Sir,

We appreciate the opportunity to give a comment on the interesting letter by Ferretti et al in this issue. The need of a comprehensive combined analysis of multiple germline polymorphisms in genes involved in the folate metabolism and expression of these genes and their proteins in view of corresponding expression data is demanded by the authors for prediction of efficacy and toxicity of 5-fluorouracil (5-FU)-based chemotherapy. We agree to this statement. Our group conducted a combined analysis of polymorphisms of TS and MTHFR (folate pathway) as well as polymorphisms of GSTP1, ERCC1 and ERCC2, enzymes with potential impact on cisplatin efficacy (Goekkurt et al, 2006). The finding that our combined analyses of TS 5′ and GSTP1 genotypes resulted in a significant association with response and overall survival in our patient population (advanced gastric cancer patients treated with 5-FU/cisplatin as first-line palliative treatment) encourages for combined and more comprehensive analyses of more than one polymorphism in more than one metabolic or regulatory pathway. There are examples in the literature already for comprehensive genotype analyses for gastric cancer and also for colorectal cancer (Stoehlmacher et al, 2004; Ruzzo et al, 2006). We are aware of the fact that our study is limited to few genotypes, and, as mentioned in our discussion, more genetic factors (polymorphisms) should be considered for the explanation of inter-individual variability in chemotherapy response, and more so in case of application of combination chemotherapy. Therefore, we mentioned our ongoing prospective study in a large phase III trial in advanced gastric cancer including a panel of at least 26 polymorphisms in genes of platinum and folate metabolism as well as in DNA-repair genes. However, performing such comprehensive analyses must take into account the relevance of certain polymorphisms for the clinical setting, for example very low frequencies of variant genotypes (e.g. dihydropyrimidine dehydrogenase (DPD) polymorphism). Furthermore, a functional impact of a certain polymorphism on gene/protein expression or protein function should be evaluated as clear as possible prior to entering a translational study (e.g. unclear functionality of orotate phosphoribosyl transferase (OPRT) or uridine monophosphate kinase (UMPK) polymorphisms).
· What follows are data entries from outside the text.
-- ===== src/Deliberation.antt =====
-- src/cee_core/deliberation.py: the choice of the next bounded action, and the chain of steps. The
-- generated step ids are a function of the step's number. The proofs are in `Chain`.
pub mod Chain
use cognitive_execution_engi.Prelude.{
  ℕ, zero, suc, ◌+◌, String, Bool, true, false, ◌&&◌, ◌||◌, List, [], ◌∷◌, ◌++◌, Option, none, some,
  ◌<>◌, show, is_some, any, length, last?, ltb, leb, if◌then◌else◌,
}
use cognitive_execution_engi.Task.{
  TaskSpec, TaskKind, kind_text, level_text, is_risky, is_analysis, asks_for_docs,
}
use cognitive_execution_engi.Tools.{ToolRegistry, get}

pub data NextAction : Type 0 where
  propose_plan request_read_tool request_approval propose_redirect stop : NextAction

pub record ReasoningStep : Type 0 where
  pub task_id : String
  pub summary : String
  pub hypothesis : String
  pub missing_information : List String
  pub candidate_actions : List NextAction
  pub chosen_action : NextAction
  pub rationale : String
  pub stop_condition : String
  pub step_id : String

-- `_TERMINAL_ACTIONS`
abbrev pub is_terminal_action : NextAction → Bool
is_terminal_action propose_plan = true
is_terminal_action propose_redirect = true
is_terminal_action stop = true
is_terminal_action _ = false

abbrev pub max_chain_length : ℕ
max_chain_length = 5

-- `ReasoningChain.final_action` and `.is_terminal`, of the steps
unfoldable pub final_action : List ReasoningStep → NextAction
final_action steps = elim (last? steps) [ none ↦ propose_plan | some s ↦ s.chosen_action ]

unfoldable pub chain_is_terminal : List ReasoningStep → Bool
chain_is_terminal steps = elim (last? steps) [
  | none ↦ false
  | some s ↦ is_terminal_action s.chosen_action
]

-- the registry is given and has the documentation tool
unfoldable pub supports_read_docs : {F : Type 0} → Option (ToolRegistry F) → Bool
supports_read_docs none = false
supports_read_docs (some tools) = is_some (get tools "read_docs")

abbrev is_propose_plan : NextAction → Bool
is_propose_plan propose_plan = true
is_propose_plan _ = false

abbrev pub is_read_request : NextAction → Bool
is_read_request request_read_tool = true
is_read_request _ = false

-- the variables that the tests of `deliberate_next_action` rewrite
record Draft : Type 0 where
  candidates : List NextAction
  missing : List String
  chosen : NextAction
  rationale : String

abbrev start : Draft
start = record {
  candidates = propose_plan ∷ [];
  missing = [];
  chosen = propose_plan;
  rationale = "Task has enough structure to proceed directly into deterministic planning.";
}

consider_docs : (needed supported : Bool) → Draft → Draft
consider_docs false supported d = d
consider_docs true false d = record d {
  candidates = d.candidates ++ request_read_tool ∷ [];
  missing = d.missing ++ "External documentation evidence has not been observed yet." ∷ [];
}
consider_docs true true d = record d {
  candidates = d.candidates ++ request_read_tool ∷ [];
  missing = d.missing ++ "External documentation evidence has not been observed yet." ∷ [];
  chosen = request_read_tool;
  rationale =
      "Task explicitly asks for documentation lookup and a read-only docs tool is available, "
      <> "so the next step should gather observations before extending the plan.";
}

consider_risk : Bool → Draft → Draft
consider_risk false d = d
consider_risk true d = record d {
  candidates = d.candidates ++ request_approval ∷ [];
  rationale =
      if is_propose_plan d.chosen
      then "Task includes medium-or-high risk state change semantics; planning should proceed with "
        <> "approval-aware transitions."
      else d.rationale;
}

-- a redirect is a candidate, and is chosen if nothing else has been
redirect : String → Draft → Draft
redirect why d = record d {
  candidates = d.candidates ++ propose_redirect ∷ [];
  chosen = if is_propose_plan d.chosen then propose_redirect else d.chosen;
  rationale = if is_propose_plan d.chosen then why else d.rationale;
}

consider_redirect : Bool → Draft → Draft
unfolding redirect
consider_redirect false d = d
consider_redirect true d =
    redirect
      ("Analysis task with non-trivial risk; the current direction "
        <> "may benefit from exploration before committing to a plan.")
      d

consider_missing : Draft → Draft
unfolding redirect
consider_missing d =
    if leb 2 (length d.missing)
    then redirect
        ("Task has multiple missing information items; the current task direction "
          <> "may be wrong. Propose a redirect to gather more context before planning.")
        d
    else d

abbrev same_action : NextAction → NextAction → Bool
same_action propose_plan propose_plan = true
same_action request_read_tool request_read_tool = true
same_action request_approval request_approval = true
same_action propose_redirect propose_redirect = true
same_action stop stop = true
same_action _ _ = false

-- `tuple(dict.fromkeys(actions))`
distinct_from : List NextAction → List NextAction → List NextAction
distinct_from seen [] = seen
distinct_from seen (a ∷ actions) =
    distinct_from (if any (same_action a) seen then seen else seen ++ a ∷ []) actions

draft_of : {F : Type 0} → TaskSpec → Option (ToolRegistry F) → Draft
unfolding consider_docs consider_risk consider_redirect consider_missing supports_read_docs
draft_of task tools = consider_missing (
    consider_redirect (is_analysis task.kind && is_risky task.risk_level) (
      consider_risk (is_risky task.risk_level)
        (consider_docs (asks_for_docs task) (supports_read_docs tools) start)))

unfoldable pub deliberate_next_action :
    {F : Type 0} → TaskSpec → Option (ToolRegistry F) → String → ReasoningStep
unfolding draft_of distinct_from kind_text level_text
deliberate_next_action task tools id =
    let d = draft_of task tools in
    record {
      task_id = task.task_id;
      summary = "Determine the next bounded action for task '" <> task.objective <> "'.";
      hypothesis =
          "Task kind="
          <> kind_text task.kind
          <> ", risk_level="
          <> level_text task.risk_level
          <> ", domain="
          <> task.domain_name
          <> ".";
      missing_information = d.missing;
      candidate_actions = distinct_from [] d.candidates;
      chosen_action = d.chosen;
      rationale = d.rationale;
      stop_condition =
          "Stop after selecting the next action; execution is handled by later runtime stages.";
      step_id = id;
    }

-- a step that proposes the plan, whatever the base step says
forced : TaskSpec → ReasoningStep → String → String → String → String → ReasoningStep
forced task base summary rationale condition id = record {
  task_id = task.task_id;
  summary = summary;
  hypothesis = base.hypothesis;
  missing_information = base.missing_information;
  candidate_actions = propose_plan ∷ [];
  chosen_action = propose_plan;
  rationale = rationale;
  stop_condition = condition;
  step_id = id;
}

-- `_deliberate_chain_step`, from the base step
refine_step : TaskSpec → List ReasoningStep → ReasoningStep → String → ReasoningStep
unfolding forced
refine_step task previous base id =
    let number = length previous + 1 in
    if ltb 1 number
      && is_read_request base.chosen_action
      && any (λ s. is_read_request s.chosen_action) previous
    then forced task base
        ("Step " <> show number <> ": read tool already requested, proceeding to plan.")
        "Read tool was already requested in a previous step; proceeding to planning."
        "Terminal: proceeding to plan after gathering observations." id
    else if leb max_chain_length number
    then forced task base
        ("Step " <> show number <> ": maximum chain length reached, forcing plan.")
        ("Maximum reasoning chain length reached; "
          <> "forcing plan proposal to avoid infinite deliberation.")
        "Terminal: forced plan due to chain length limit." id
    else base

module _ {F : Type 0} (task : TaskSpec) (tools : Option (ToolRegistry F)) (ids : ℕ → String) where
  unfoldable pub deliberate_chain_step : List ReasoningStep → ReasoningStep
  unfolding refine_step
  deliberate_chain_step previous =
      let id = ids (length previous) in
      refine_step task previous (deliberate_next_action task tools id) id

  -- the loop, with the rounds that are left
  unfoldable pub chain_from : ℕ → List ReasoningStep → List ReasoningStep
  chain_from zero steps = steps
  chain_from (suc left) steps =
      let step = deliberate_chain_step steps in
      let rest = chain_from left (steps ++ step ∷ []) in
      if is_terminal_action step.chosen_action then steps ++ step ∷ [] else rest

  unfoldable pub deliberate_chain : ℕ → List ReasoningStep
  unfolding chain_from
  deliberate_chain max_steps = chain_from max_steps []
In contrast to gene/protein expression data, which always display a cross-section of a dynamic process, genotypes remain stable and can be determined easily either from normal as well as from tumour tissue. As tumour tissue is not always available, especially in the advanced tumour setting, genotyping of normal host cells (e.g. leucocytes) remain easily accessible and cost-effective at any time of treatment. Despite, an existing controversially discussion about the value of host vs tumour genotyping for cancer pharmacogenetic studies, the use of germline DNA is validated with a minor source of error due to little discrepancies between the host and tumour genome (Marsh et al, 2005). The use of expression data, if available, may be very helpful for pharmacogenomic studies in cancer. However, expression data do not provide information about alteration of protein function, for example, due to germline polymorphisms or tumour-specific mutations. Of course if applicable, tumour-specific mutations should be taken into account in pharmacogenetic analyses as it is the case in non-small-cell lung cancer and in the use of inhibitors of EGFR.
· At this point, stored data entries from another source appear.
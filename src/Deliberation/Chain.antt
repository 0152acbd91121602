-- ===== src/Deliberation/Chain.antt =====
-- The reasoning chain ends, soon, in a terminal action.
use cognitive_execution_engi.Prelude.{
  ℕ, suc, String, ◌≡◌, true, ◌&&◌, Option, length, arith, if◌then◌else◌,
}
use cognitive_execution_engi.Task.{TaskSpec, is_risky, is_analysis, asks_for_docs}
use cognitive_execution_engi.Tools.{ToolRegistry}
use cognitive_execution_engi.Deliberation.{
  propose_plan, request_read_tool, propose_redirect, supports_read_docs, deliberate_next_action,
  deliberate_chain_step, deliberate_chain, chain_is_terminal, final_action,
}

module _ {F : Type 0} (task : TaskSpec) (tools : Option (ToolRegistry F)) where
  -- The first choice: reading the documentation where the task asks for it and the tool is there;
  -- else a redirect for a risky analysis; else the plan.
  pub deliberate_next_action-choice :
      (id : String)
      → (deliberate_next_action task tools id).chosen_action ≡ (
          if asks_for_docs task && supports_read_docs tools
          then request_read_tool
          else if is_analysis task.kind && is_risky task.risk_level
          then propose_redirect
          else propose_plan)
  unfolding deliberate_next_action
  deliberate_next_action-choice id = ground arith

  module _ (ids : ℕ → String) where
    -- A chain that is given at least two rounds has at most two steps, the last of them terminal; it
    -- has two steps exactly if the documentation is asked for and available, and then ends in the
    -- proposal of a plan.
    pub deliberate_chain_ends :
        (n : ℕ)
        → let steps = deliberate_chain task tools ids (suc (suc n)) in
          (chain_is_terminal steps ≡ true)
          × (length steps ≡ (if asks_for_docs task && supports_read_docs tools then 2 else 1))
          × (asks_for_docs task && supports_read_docs tools ≡ true
              → final_action steps ≡ propose_plan)
    unfolding deliberate_chain deliberate_chain_step chain_is_terminal final_action
    deliberate_chain_ends n = (
      ground (arith, deliberate_next_action-choice (ids 0), deliberate_next_action-choice (ids 1)),
      ground (arith, deliberate_next_action-choice (ids 0), deliberate_next_action-choice (ids 1)),
      ground (arith, deliberate_next_action-choice (ids 0), deliberate_next_action-choice (ids 1)),
    )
In conclusion, we agree with the demand for a comprehensive combined analysis in cancer pharmacogenetic studies including several relevant and reliable factors. So far, the process of identifying the most important factors is still ongoing and reveals controversial results. Maybe even more important, there are currently no sufficient statistical models to incorporate the different impact of frequency and functionality of a single polymorphism for the prediction value of the whole analysis. For most polymorphisms, its functional significance is not even clear. Especially before that background, we have to incorporate as much information in our pharmacogenetic analyses as possible and perform true comprehensive studies.
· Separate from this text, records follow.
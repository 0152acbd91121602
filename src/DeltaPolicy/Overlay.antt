-- ===== src/DeltaPolicy/Overlay.antt =====
-- What the delta policy lets through, alone and under a domain's overlay.
use cognitive_execution_engi.Prelude.{
  String, ◌≡◌, refl, ap, ◌∙◌, Bool, true, false, ◌||◌, ◌&&◌, not, none, some, ◌<>◌, has_prefix,
  contains, arith, strip_prefix, strip_prefix-diverge, diverge,
}
use cognitive_execution_engi.World.Schema.{
  RevisionDelta, RevisionTargetKind, entity_update, self_update,
}
use cognitive_execution_engi.DeltaPolicy.{
  DomainPluginPack, DomainContext, evaluate_delta_policy, infer_section_from_delta,
  evaluate_delta_policy_in_domain,
}

-- The delta aims at the policy or the metadata of the state.
abbrev pub is_sealed : String → Bool
is_sealed ref = has_prefix "policy." ref || has_prefix "meta." ref

abbrev pub is_self_update : RevisionTargetKind → Bool
is_self_update self_update = true
is_self_update _ = false

module _ {F : Type 0} where
  -- A delta is allowed exactly if it aims at none of `policy.`, `meta.` and `tool_affordances.` and
  -- does not update the self model; and approval is asked for exactly if it is not allowed and aims
  -- at neither of `policy.` and `meta.`, which no approval opens.
  pub evaluate_delta_policy-allows :
      (delta : RevisionDelta F)
      → ((evaluate_delta_policy delta).allowed ≡ (
          not (is_sealed delta.target_ref)
          && not (has_prefix "tool_affordances." delta.target_ref)
          && not (is_self_update delta.target_kind)))
        × ((evaluate_delta_policy delta).requires_approval
            ≡ (not (evaluate_delta_policy delta).allowed && not (is_sealed delta.target_ref)))
  unfolding evaluate_delta_policy
  evaluate_delta_policy-allows delta = (ground arith, ground arith)

  -- the pack has rules, and the section of the delta is among those denied
  abbrev pub denies : DomainContext → RevisionDelta F → Bool
  denies context delta = elim context.plugin_pack [
    | none ↦ false
    | some pack ↦ contains (infer_section_from_delta delta) pack.denied_patch_sections
  ]

  abbrev pub asks : DomainContext → RevisionDelta F → Bool
  asks context delta = elim context.plugin_pack [
    | none ↦ false
    | some pack ↦ contains (infer_section_from_delta delta) pack.approval_required_patch_sections
  ]

  -- A domain only makes the policy stricter: a delta is allowed in the domain exactly if the base
  -- policy allows it and the domain neither denies its section nor asks approval for it. Approval is
  -- asked for exactly if the section is not denied and the base policy asks for it, or allows the
  -- delta and the domain asks. The kind of commitment and its reversibility are the base policy's.
  pub evaluate_delta_policy_in_domain-tightens :
      (delta : RevisionDelta F) (context : DomainContext)
      → let base = evaluate_delta_policy delta in
        let decision = evaluate_delta_policy_in_domain delta context in
        (decision.allowed
          ≡ (base.allowed && not (denies context delta) && not (asks context delta)))
        × (decision.requires_approval ≡ (
            not (denies context delta)
            && (base.requires_approval || base.allowed && asks context delta)))
        × (decision.commitment_kind ≡ base.commitment_kind)
        × (decision.reversibility ≡ base.reversibility)
  unfolding evaluate_delta_policy_in_domain
  evaluate_delta_policy_in_domain-tightens delta context =
      (ground arith, ground arith, ground arith, ground arith)

  module _ (delta : RevisionDelta F) (key : String)
      (at : delta.target_ref ≡ "domain_data." <> key) where
    -- a prefix that diverges from `domain_data.` is not found
    misses : (p : String) → diverge p "domain_data." ≡ true → strip_prefix p delta.target_ref ≡ none
    misses p h = ap (strip_prefix p) at ∙ strip_prefix-diverge p "domain_data." key h

    section-eq-beliefs :
        delta.target_kind ≡ entity_update → infer_section_from_delta delta ≡ "beliefs"
    unfolding infer_section_from_delta diverge
    section-eq-beliefs k = ground (arith, misses "memory." refl, misses "domain." refl)

    allowed_by_base :
        delta.target_kind ≡ entity_update → (evaluate_delta_policy delta).allowed ≡ true
    unfolding evaluate_delta_policy diverge
    allowed_by_base k =
        ground (arith, misses "policy." refl, misses "meta." refl, misses "tool_affordances." refl)

  -- A delta on `domain_data.k` is filed under the beliefs, not under the domain data: whatever pack
  -- denies or gates the section `domain_data`, it is allowed unless the pack names `beliefs`.
  domain_data_filed_as_beliefs :
      (delta : RevisionDelta F) (domain key : String) (pack : DomainPluginPack)
      → delta.target_kind ≡ entity_update
      → delta.target_ref ≡ "domain_data." <> key
      → contains "beliefs" pack.denied_patch_sections ≡ false
      → contains "beliefs" pack.approval_required_patch_sections ≡ false
      → (evaluate_delta_policy_in_domain delta
          (record { domain_name = domain; plugin_pack = some pack })).allowed
        ≡ true
  unfolding evaluate_delta_policy_in_domain
  domain_data_filed_as_beliefs delta domain key pack k r d a =
      ground (arith, section-eq-beliefs delta key r k, allowed_by_base delta key r k)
If we focus on TS polymorphisms, we note that there are several divergent observations being published so far. In a study by Jakobsen et al (2005) in advanced colorectal cancer, for example, TS 5′-UTR 3R/3R genotype carriers showed better clinical outcomes than patients with TS 5′-UTR 2R/2R genotypes. These findings are not in agreement with the hypothesis that the 3R allele is correlated with higher TS mRNA levels and worse clinical outcome. However, the authors did not include the G/C SNP located within the 3R allele which might be an explanation for their opposite findings. Our data in contrast are in line with several observations by other investigators. Recently, in a prospective setting with a large patient cohort (n=175), Ruzzo et al (2006) could demonstrate the same impact of TS 5′-UTR and GSTP1 polymorphisms than we did on clinical outcome in advanced gastric cancer patients. At least for few genetic markers, such as TS polymorphisms, a lot of data with respect to cancer pharmacogenetic studies exist and prospective validation and evaluation of their potential as stratification parameter is ongoing.

The TS example shows that we will constantly learn in pharmacogenetics and that it needs large and comprehensive studies to find the ‘truth’ in order to develop robust tests for the clinical setting.